Saturday, October 18, 2008

Kitty Wales (Jenny's Pick)



Kitty Wales is a contemporary sculptor who focuses on the alterations of an animal’s environment. She first explores the natural environment in which the animal lives and then proceeds to change it through sculpture. Her work produces the idea that humans and animals are united. By changing the space around the animal and using material that “is salvaged from domesticated life” (Kitty Wales, artist statement) Wales is perhaps presenting the insertion of society upon living creatures and disrupting their natural self. Her Canis Ex Machina shows a domesticated dog in control of a machine that unstitches a man-made sweater which ultimately becomes the fur of a dog that repeatedly gets cloned.
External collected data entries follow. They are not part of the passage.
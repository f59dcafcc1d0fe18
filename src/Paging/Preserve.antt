-- ===== src/Paging/Preserve.antt =====
-- src/system/kernel/hal/paging/paging.c: every routine keeps the page entries apart.
use gunw_os.Prelude.Outcome.{
  ok, ◌>>=◌, Ensures, ensures_ok, ensures_oops, ensures_fault, Ensures-if, Ensures-bind,
}
use gunw_os.Prelude.Int.{ℤ, index}
use gunw_os.Prelude.{
  ℕ, zero, suc, ◌+◌, ◌/◌, ◌%◌, ◌<◌, ◌≡◌, inl, inr, refl, Bool-cases, Bool, true, false, not, ◌||◌,
  first, first_hit, ltb, leb, ◌==◌, Option, none, some, arith, subst,
}
use gunw_os.Kernel.{k_proc_id_is_user}
use gunw_os.Paging.{
  Paging, me_out_of_memory, me_out_of_pages, slot, dir_slot, is_physical_page_free,
  get_free_physical_page_index, get_free_table, is_assignable, assign_virtual_page, is_releasable,
  released_frame, release_entry, release_virtual_page,
}
use gunw_os.Paging.Assign.{
  PageResult, fresh, overlaps, refused, assign_entry, assign_in_table, assign_dir_entry,
  assign_page, assign_from, is_overlap, is_fresh, k_paging_assign,
}
use gunw_os.Paging.Release.{release_in_table, k_paging_release}
use gunw_os.Paging.Invariant.{IsIsolated, assign-Isolated, release-Isolated}

free_found :
    (m : Paging) {f : ℕ}
    → get_free_physical_page_index m ≡ some f
    → (f < 4096) × (is_physical_page_free (m.physical_pages f) ≡ true)
unfolding get_free_physical_page_index
free_found m {f} h = elim (Bool-cases (ltb i 4096)) [
  | inl lt ↦
      subst (λ k. (k < 4096) × (is_physical_page_free (m.physical_pages k) ≡ true)) (ground arith)
        (ground arith, first_hit test 0 4096 (ground arith))
  | inr ge ↦ absurd (ground arith)
]
  where
    test : ℕ → Bool
    test k = is_physical_page_free (m.physical_pages k)

    i : ℕ
    i = first test 0 4096

assign_virtual_page-IsIsolated :
    (e f : ℕ) (m : Paging)
    → f < 4096
    → IsIsolated m
    → Ensures IsIsolated (assign_virtual_page e f true m)
unfolding assign_virtual_page
assign_virtual_page-IsIsolated e f m lt v =
    Ensures-if (not (is_assignable f (m.physical_pages f))) (λ _. ensures_oops)
      λ ok_page. ensures_ok (
        assign-Isolated v e f lt (ground arith) (ground arith) (ground arith) (ground arith)
          (ground arith))

assign_entry-IsIsolated :
    (e : ℕ) (m : Paging) → IsIsolated m → Ensures (λ r. IsIsolated r.1) (assign_entry e m)
unfolding assign_entry
assign_entry-IsIsolated e m v =
    Ensures-if (m.pages e).user (λ _. ensures_ok v)
      λ _.
        Ensures-if (m.pages e).present (λ _. ensures_ok v)
          λ _. at (get_free_physical_page_index m) refl
  where
    at :
        (o : Option ℕ)
        → get_free_physical_page_index m ≡ o
        → Ensures
            (λ (r : PageResult × Paging). IsIsolated r.1)
            (elim o [
              | none ↦ ok (refused me_out_of_memory, m)
              | some f ↦ assign_virtual_page e f true m >>= λ m'. ok (fresh, m')
            ])
    at none h = ensures_ok v
    at (some f) h =
        Ensures-bind {Q = IsIsolated} (assign_virtual_page-IsIsolated e f m (free_found m h).0 v)
          λ m' w. ensures_ok w

assign_in_table-IsIsolated :
    (p : ℕ) (t : Option ℕ) (page : ℕ) (m : Paging)
    → IsIsolated m
    → Ensures (λ r. IsIsolated r.1) (assign_in_table p t page m)
unfolding assign_in_table
assign_in_table-IsIsolated p none page m v = ensures_oops
assign_in_table-IsIsolated p (some t) page m v =
    assign_entry-IsIsolated (slot p t (page % 1024)) m v

assign_page-IsIsolated :
    (p page : ℕ) (m : Paging) → IsIsolated m → Ensures (λ r. IsIsolated r.1) (assign_page p page m)
unfolding assign_page assign_dir_entry
assign_page-IsIsolated p page m v =
    let d = m.directory (dir_slot p (page / 1024)) in
    Ensures-if (leb 1023 (page / 1024)) (λ _. ensures_ok v)
      λ _.
        Ensures-if (not d.present) (λ _. at (get_free_table p m))
          λ _.
            Ensures-if (not d.user) (λ _. ensures_ok v)
              λ _. assign_in_table-IsIsolated p d.table page m v
  where
    at :
        (o : Option ℕ)
        → Ensures
            (λ (r : PageResult × Paging). IsIsolated r.1)
            (elim o [
              | none ↦ ok (refused me_out_of_pages, m)
              | some t ↦ assign_in_table p (some t) page (assign_dir_entry p (page / 1024) t m)
            ])
    at none = ensures_ok v
    at (some t) =
        assign_in_table-IsIsolated p (some t) page (assign_dir_entry p (page / 1024) t m) v

assign_step :
    (p page n : ℕ) (o f : Bool) (r : PageResult) (m : Paging)
    → IsIsolated m
    → ((o f : Bool) → Ensures (λ r. IsIsolated r.1) (assign_from p (page + 1) n o f m))
    → Ensures
        (λ r. IsIsolated r.1)
        (let rest = assign_from p (page + 1) n (o || is_overlap r) (f || is_fresh r) m in
          elim r [ refused e ↦ ok (e, m) | _ ↦ rest ])
assign_step p page n o f fresh m v rest = rest _ _
assign_step p page n o f overlaps m v rest = rest _ _
assign_step p page n o f (refused e) m v rest = ensures_ok v

assign_from-IsIsolated :
    (p page n : ℕ) (o f : Bool) (m : Paging)
    → IsIsolated m
    → Ensures (λ r. IsIsolated r.1) (assign_from p page n o f m)
unfolding assign_from
assign_from-IsIsolated p page zero o f m v = ensures_ok v
assign_from-IsIsolated p page (suc n) o f m v =
    Ensures-bind (assign_page-IsIsolated p page m v) λ (r, m') w.
      assign_step p page n o f r m' w (λ o' f'. assign_from-IsIsolated p (page + 1) n o' f' m' w)

pub k_paging_assign-IsIsolated :
    (p : ℤ) (page n : ℕ) (m : Paging)
    → IsIsolated m
    → Ensures (λ r. IsIsolated r.1) (k_paging_assign p page n m)
unfolding k_paging_assign
k_paging_assign-IsIsolated p page n m v =
    Ensures-if (not (k_proc_id_is_user p)) (λ _. ensures_ok v)
      λ _.
        Ensures-if (n == 0) (λ _. ensures_ok v)
          λ _.
            Ensures-if (leb 1048576 page || leb 1048576 n || leb 1048576 (page + n))
              (λ _. ensures_ok v) λ _. assign_from-IsIsolated (index p) page n false false m v

-- With `clean` the entry that is released is present.
release_entry-IsIsolated :
    (e : ℕ) (m : Paging) → IsIsolated m → Ensures IsIsolated (release_entry e true m)
unfolding release_entry
release_entry-IsIsolated e m v =
    let x = m.pages e in
    Ensures-if (x.frame_address == 0) (λ _. ensures_oops)
      λ _.
        Ensures-if (ltb 4096 x.frame_address) (λ _. ensures_oops)
          λ _.
            Ensures-if (x.frame_address == 4096) (λ _. ensures_fault)
              λ _.
                Ensures-if (not x.present || not x.user) (λ _. ensures_oops)
                  λ is_present.
                    Ensures-if (not (is_releasable (m.physical_pages x.frame_address)))
                      (λ _. ensures_oops)
                      λ _. ensures_ok (
                        release-Isolated v e (ground arith)
                          (released_frame (m.physical_pages x.frame_address)))

release_virtual_page-IsIsolated :
    (p : ℤ) (t page : ℕ) (m : Paging)
    → IsIsolated m
    → Ensures IsIsolated (release_virtual_page p t page true m)
unfolding release_virtual_page
release_virtual_page-IsIsolated p t page m v =
    Ensures-if (not (k_proc_id_is_user p)) (λ _. ensures_oops)
      λ _.
        Ensures-if (ltb 4 t) (λ _. ensures_oops)
          λ _.
            Ensures-if (ltb 1024 page) (λ _. ensures_oops)
              λ _.
                Ensures-if (t == 4 || page == 1024) (λ _. ensures_fault)
                  λ _. release_entry-IsIsolated (slot (index p) t page) m v

pub k_paging_release-IsIsolated :
    (p : ℤ) (page : ℕ) (m : Paging)
    → IsIsolated m
    → Ensures (λ r. IsIsolated r.1) (k_paging_release p page m)
unfolding k_paging_release release_in_table
k_paging_release-IsIsolated p page m v =
    Ensures-if (not (k_proc_id_is_user p)) (λ _. ensures_oops)
      λ _.
        Ensures-if (page == 0 || leb 1048576 page) (λ _. ensures_oops)
          λ _.
            Ensures-if (leb 1023 (page / 1024)) (λ _. ensures_oops)
              λ _. at (m.directory (dir_slot (index p) (page / 1024))).table
  where
    at : (t : Option ℕ) → Ensures (λ r. IsIsolated r.1) (release_in_table p t (page % 1024) m)
    at none = ensures_oops
    at (some t) =
        Ensures-bind {Q = IsIsolated} (release_virtual_page-IsIsolated p t (page % 1024) m v)
          λ m' w. ensures_ok w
I am drawn to Wales’ work in that the parts she uses to create these sculptures suggest both people and animals are linked. While we are a different species we are all still mammals. In Canis Ex Machina I am fascinated by how the dog is in charge of a man-made object and how it becomes a part of him (through reproduction). Wales works with the “anxieties about genetic manipulation and animal breeding” (Kitty Wales, Canis Ex Machina). People have power over animals and will use it to disrupt their natural way of living. This piece seems to show how far animal breeding can get, to the point where the animals themselves are consumed with societies expectations. They grow with a combination of natural and of human traits “that are both menacing and playful” (Kitty Wales, Canis Ex Machina).

Wales’ work is similar to Oliver Herring (Melissa’s Pick) in that his sculptures “[progress] towards a finale that is unexpected or unpredictable…and liberate participants to explore aspects of their personalities” (Herring biography, Art21). This relates to Wales in that her model dogs are exhibiting “forced” human personalities and she is “interested in connecting the viewer to an unexpected place” (Kitty Wales, artist statement). Corrupting natural order through replication and demonstrating a mix of traits allows the viewer and animal to be linked. Herring’s photo-sculptures also relate because the material correlates to the subject. His human photographs represent the person while Wales’ man-made objects also make up the animal. Wales uses “broken appliance parts” (artist statement) in pieces like Pine Sharks and machines with sweaters in Canis Ex Machina and Dog Factory.